1133. Next where he says, 'Moreover it is plain . . .' (265 a 3), he concludes from the foregoing that the ancient natural philosophers did not speak correctly when they said that all sensible things are always moved. For these objects would necessarily have to be moved by one of the motions mentioned above, concerning which we have shown that eternal continuity is impossible. This is especially so because they said that alteration is an eternally continuous motion.
For they said that everything is constantly decaying and being corrupted. And they add to this that generation and corruption is nothing other than alteration. Hence when they say that all things are constantly being corrupted, they say that all things are constantly being altered.
In the argument introduced above, however, it was established that no motion is eternal except circular motion. Hence it follows that neither in respect to alteration nor in respect to increase can all things be always moved, as they said.
Finally he summarizes and concludes to his main point; namely, no mutation other than circular motion can be infinite and continuous.
1134. Next where he says, 'It can now be shown . . .' (265 a 13), he proves with two arguments that circular motion is the first of motions. The first argument is as follows.
As we said before, every local motion is either circular, straight, or a mixture of the two. Circular and straight motions are prior to mixed motion, since the latter is composed of them. Of these two, circular motion is prior to straight motion, for circular motion is more simple and perfect than straight motion.
He proves this as follows. Straight motion cannot proceed to infinity, for this would have to occur in one of two ways. First there might be an infinite magnitude through which straight motion passes. But this is impossible. And even if there were some infinite magnitude, nothing would be moved to infinity. That which cannot be never occurs or is generated. It is impossible, however, to pass through infinity. Therefore, nothing is moved in such a way that it passes through infinity. Therefore, there cannot be infinite straight motion over an infinite magnitude.
Secondly, infinite straight motion could be understood to occur over a finite magnitude by reflection.
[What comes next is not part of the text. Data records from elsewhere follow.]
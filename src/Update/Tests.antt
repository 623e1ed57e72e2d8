-- ===== src/Update/Tests.antt =====
-- The update archive on small concrete files.
use audiox.Prelude.Result.{ok}
use audiox.Update.Cmdline.{strip_newline, validate_cmdline, cmdline_max, drop_last}
use audiox.Update.Cmdline.Token.{Printable, HasRequired, validate_cmdline_iff}
use audiox.Update.Names.{valid_kernel_name, all_value_chars, valid_value, valid_board, lines}
use audiox.Update.Metadata.{
  AudioxUpdateMetadata, parse_metadata, parse_line, parse_lines, drop_cr, split_key, dest_of,
  set_value, check_metadata,
}
use audiox.Update.Metadata.Sound.{Checked, parse_metadata_sound}
use audiox.Update.Crc.{crc32, crc_round, crc_rounds, crc_byte, crc_bytes}
use audiox.Update.Codec.{put_u32, put_u64, get_u32, get_u64}
use audiox.Update.Archive.{
  ReadAt, AudioxUpdateEntry, no_entry, Header, crc_loop, check_entry_crc, check_header, read_header,
  check_kind, store_entry, take_entry, parse_entry, parse_entries, check_end, parse_archive,
}
use audiox.Update.Archive.Walking.{Good}
use audiox.Update.Archive.Accepted.{parse_archive_required}
use audiox.Update.Archive.Payload.{Backed, verdict, check_entry_crc_exact}
use Prim.Native.Nat.{ℕ}
use audiox.Prelude.{
  none, take, some, length, ◌↔◌, ◌+◌, leb, drop, ◌⊎◌, ◌<◌, true, refl, le→leb, if◌then◌else◌, arith,
  [], ◌≡◌, ◌∷◌, ◌++◌, ℕ, codes, List,
}

cmdline_example :
    let line = codes "quiet rdinit=/init" in
    (validate_cmdline (line ++ 10 ∷ []) ≡ ok tt)
    ↔ ((0 < 18) × (18 < cmdline_max) × Printable line × HasRequired true line)
unfolding strip_newline drop_last
cmdline_example = validate_cmdline_iff (codes "quiet rdinit=/init" ++ 10 ∷ [])

abbrev kernel8 : List ℕ
kernel8 = codes "kernel8.img"

abbrev metadata_lines : List (List ℕ)
metadata_lines = codes "board=pi5" ∷ codes "kernel=kernel_2712.img" ∷ []

abbrev metadata_text : List ℕ
metadata_text = codes "board=pi5" ++ 10 ∷ codes "kernel=kernel_2712.img"

abbrev pi5 : AudioxUpdateMetadata
pi5 = record {
  board = codes "pi5";
  kernel = codes "kernel_2712.img";
  version = [];
  kernel_version = [];
}

metadata_example :
    ((codes "pi5" ≡ codes "pi4") ⊎ (codes "pi5" ≡ codes "pi5"))
    × (valid_kernel_name pi5.kernel ≡ true)
    × Checked []
    × Checked []
unfolding parse_metadata parse_lines parse_line lines drop_cr split_key dest_of set_value
    check_metadata valid_kernel_name valid_value all_value_chars valid_board
metadata_example = parse_metadata_sound metadata_text pi5 refl

abbrev comment : List ℕ
comment = codes "# built by CI"

-- A file in memory, read as pread would.
abbrev read_file : List ℕ → ReadAt
read_file content at count =
    if leb (at + count) (length content) then some (take count (drop at content)) else none

read_file-Backed : (content : List ℕ) → Backed (read_file content) content
read_file-Backed content at count h = rw (le→leb (at + count) (length content) h) refl

abbrev entry_of : ℕ → ℕ → List ℕ
entry_of type byte = put_u32 type ++ (put_u32 (crc32 0 (byte ∷ [])) ++ (put_u64 1 ++ byte ∷ []))

-- A version 1 archive whose four payloads are one byte each.
abbrev four_files : List ℕ
four_files =
    codes "AXUPDATE"
    ++ (put_u32 1
        ++ (put_u32 4 ++ (entry_of 1 65 ++ (entry_of 2 66 ++ (entry_of 3 67 ++ entry_of 4 68)))))

abbrev read_four : ReadAt
read_four = read_file four_files

abbrev header_1 : Header
header_1 = record { version = 1; entry_count = 4; required_mask = 15; max_type = 4 }

abbrev one_byte : ℕ → ℕ → AudioxUpdateEntry
one_byte crc offset = record { crc = crc; size = 1; offset = offset }

abbrev four_entries : List AudioxUpdateEntry
four_entries =
    one_byte (crc32 0 (65 ∷ [])) 32
    ∷ one_byte (crc32 0 (66 ∷ [])) 49
    ∷ one_byte (crc32 0 (67 ∷ [])) 66
    ∷ one_byte (crc32 0 (68 ∷ [])) 83
    ∷ no_entry
    ∷ no_entry
    ∷ []

four_header : read_header read_four 84 ≡ ok header_1
unfolding read_header check_header put_u32 put_u64 get_u32 get_u64 crc32 crc_bytes crc_byte
    crc_rounds crc_round
four_header = refl

four_accepted : parse_archive read_four 84 ≡ ok four_entries
unfolding parse_archive parse_entries parse_entry take_entry store_entry check_kind check_entry_crc
    crc_loop check_end read_header check_header put_u32 put_u64 get_u32 get_u64 crc32 crc_bytes
    crc_byte crc_rounds crc_round
four_accepted = refl

required_example : Good read_four 84 3 (one_byte (crc32 0 (67 ∷ [])) 66)
required_example =
    parse_archive_required read_four 84 header_1 four_entries 2 (omega arith) four_header
      four_accepted (omega arith)

payload_example :
    check_entry_crc (read_file (codes "abc")) (one_byte 77 1) ≡ verdict (crc32 0 (codes "b")) 77
payload_example =
    check_entry_crc_exact (read_file (codes "abc")) (codes "abc") (one_byte 77 1)
      (read_file-Backed (codes "abc")) (omega arith, (omega arith, (omega arith, tt))) (omega arith)
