-- ===== src/Watchdog.antt =====
-- src/init/watchdog.cpp: the supervisor that runs as the first process.
pub mod Service
pub mod Runtime
pub mod Main
mod Tests
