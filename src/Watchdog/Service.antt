-- ===== src/Watchdog/Service.antt =====
-- The supervised helper daemon. A process identifier above 0 is `some pid`, any other `none`; the
-- clock, waitpid and fork are arguments, in the order of the calls. The name and the paths never change.
use audiox.Prelude.{◌∷◌, []}
pub mod Delays
use audiox.Prelude.Words.{add64, sub64}
use Prim.Native.Nat.{ℕ}
use audiox.Prelude.{
  ◌-◌, ◌==◌, not, ltb, leb, ◌*◌, some, if◌then◌else◌, ℕ, none, false, Option, List, Bool,
}

abbrev pub maximum_restart_delay_seconds : ℕ
maximum_restart_delay_seconds = 30

unfoldable pub next_backoff : ℕ → ℕ
next_backoff delay =
    if leb maximum_restart_delay_seconds delay
    then maximum_restart_delay_seconds
    else if ltb maximum_restart_delay_seconds (delay * 2)
    then maximum_restart_delay_seconds
    else delay * 2

pub record Service : Type 0 where
  pub enabled : Bool
  pub pid : Option ℕ
  pub started_ms : ℕ
  pub next_start_ms : ℕ
  pub restart_delay_seconds : ℕ

abbrev pub new : Service
new = record {
  enabled = false;
  pid = none;
  started_ms = 0;
  next_start_ms = 0;
  restart_delay_seconds = 1;
}

-- What waitpid answers for the service.
pub data Waited : Type 0 where
  reaped : Waited
  no_child : Waited
  nothing : Waited

-- Waits as long as the delay says, and doubles it for the next time.
unfoldable pub back_off : ℕ → Service → Service
back_off now s = record s {
  next_start_ms = add64 now (s.restart_delay_seconds * 1000);
  restart_delay_seconds = next_backoff s.restart_delay_seconds;
}

-- `none`: fork failed.
unfoldable pub start_service : ℕ → Option ℕ → Service → Service
start_service now none s = back_off now s
start_service now (some child) s = record s { pid = some child; started_ms = now }

unfoldable pub handle_service_exit : ℕ → Service → Service
handle_service_exit now s = back_off now (record s {
  pid = none;
  restart_delay_seconds = if leb 60000 (sub64 now s.started_ms) then 1 else s.restart_delay_seconds;
})

unfoldable pub after_wait : ℕ → Waited → Service → Service
after_wait now reaped s = handle_service_exit now s
after_wait now no_child s = record s { pid = none; next_start_ms = now }
after_wait now nothing s = s

unfoldable pub supervise_running : Option ℕ → ℕ → Waited → Option ℕ → Service → Service
supervise_running (some pid) now waited forked s = after_wait now waited s
supervise_running none now waited forked s =
    if leb s.next_start_ms now then start_service now forked s else s

unfoldable pub supervise_service : ℕ → Waited → Option ℕ → Service → Service
supervise_service now waited forked s =
    if not s.enabled then s else supervise_running s.pid now waited forked s

abbrev pub is_pid : ℕ → Option ℕ → Bool
is_pid p none = false
is_pid p (some q) = p == q

-- The orphans that waitpid hands over, with the time of the call.
unfoldable pub reap_orphans : List (ℕ × ℕ) → Service → Service
reap_orphans [] s = s
reap_orphans ((pid, now) ∷ rest) s =
    reap_orphans rest (if is_pid pid s.pid then handle_service_exit now s else s)

unfoldable pub stop_service : Service → Service
stop_service s = record s { pid = none }

-- One look at the service.
pub record Look : Type 0 where
  pub now : ℕ
  pub waited : Waited
  pub forked : Option ℕ

-- `sleepSupervising` until `deadline`: each round looks at the service, reads the clock again and
-- sleeps half a second at most. `none`: the rounds given are over before the deadline.
unfoldable pub sleep_supervising : ℕ → List (Look × ℕ) → Service → Option Service
sleep_supervising deadline [] s = none
sleep_supervising deadline ((look, after) ∷ rounds) s =
    let t = supervise_service look.now look.waited look.forked s in
    let rest = sleep_supervising deadline rounds t in if leb deadline after then some t else rest

-- The milliseconds of one sleep.
unfoldable pub sleep_step : ℕ → ℕ → ℕ
sleep_step deadline now = if ltb (deadline - now) 500 then deadline - now else 500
But reflex motion is not one, as was proven above, but is composed of two motions.
If, however, reflection does not occur over a finite straight line, the motion will be imperfect and corrupt: imperfect, because it is possible to add to it; corrupt, because when it has reached the terminus of the magnitude, the motion will cease.
Therefore, it is clear that circular motion, which is not composed of two motions, and which is not corrupted when it reaches the terminus (since its beginning and end are the same), is more simple and more perfect than straight motion. The perfect, moreover, is prior to the imperfect, and similarly, the incorruptible to the corruptible, in nature, and in reason [ratio], and in time, as was proven above when it was shown that local motion is prior to the other motions. Circular motion, therefore, must be prior to straight motion.
1135. Next where he says, 'Again, a motion . . .' (265 a 24), he gives the second argument, which is as follows.
Motion which can be eternal is prior to motion which cannot be eternal, for the eternal is prior to the non-eternal both in time and in nature. Circular motion, however, can be eternal. But no other motions can be eternal because rest must succeed them. And when rest intervenes the motion is corrupted. It follows, therefore, that circular motion is prior to all other motions. The things which he supposes in this argument are clear from the earlier arguments.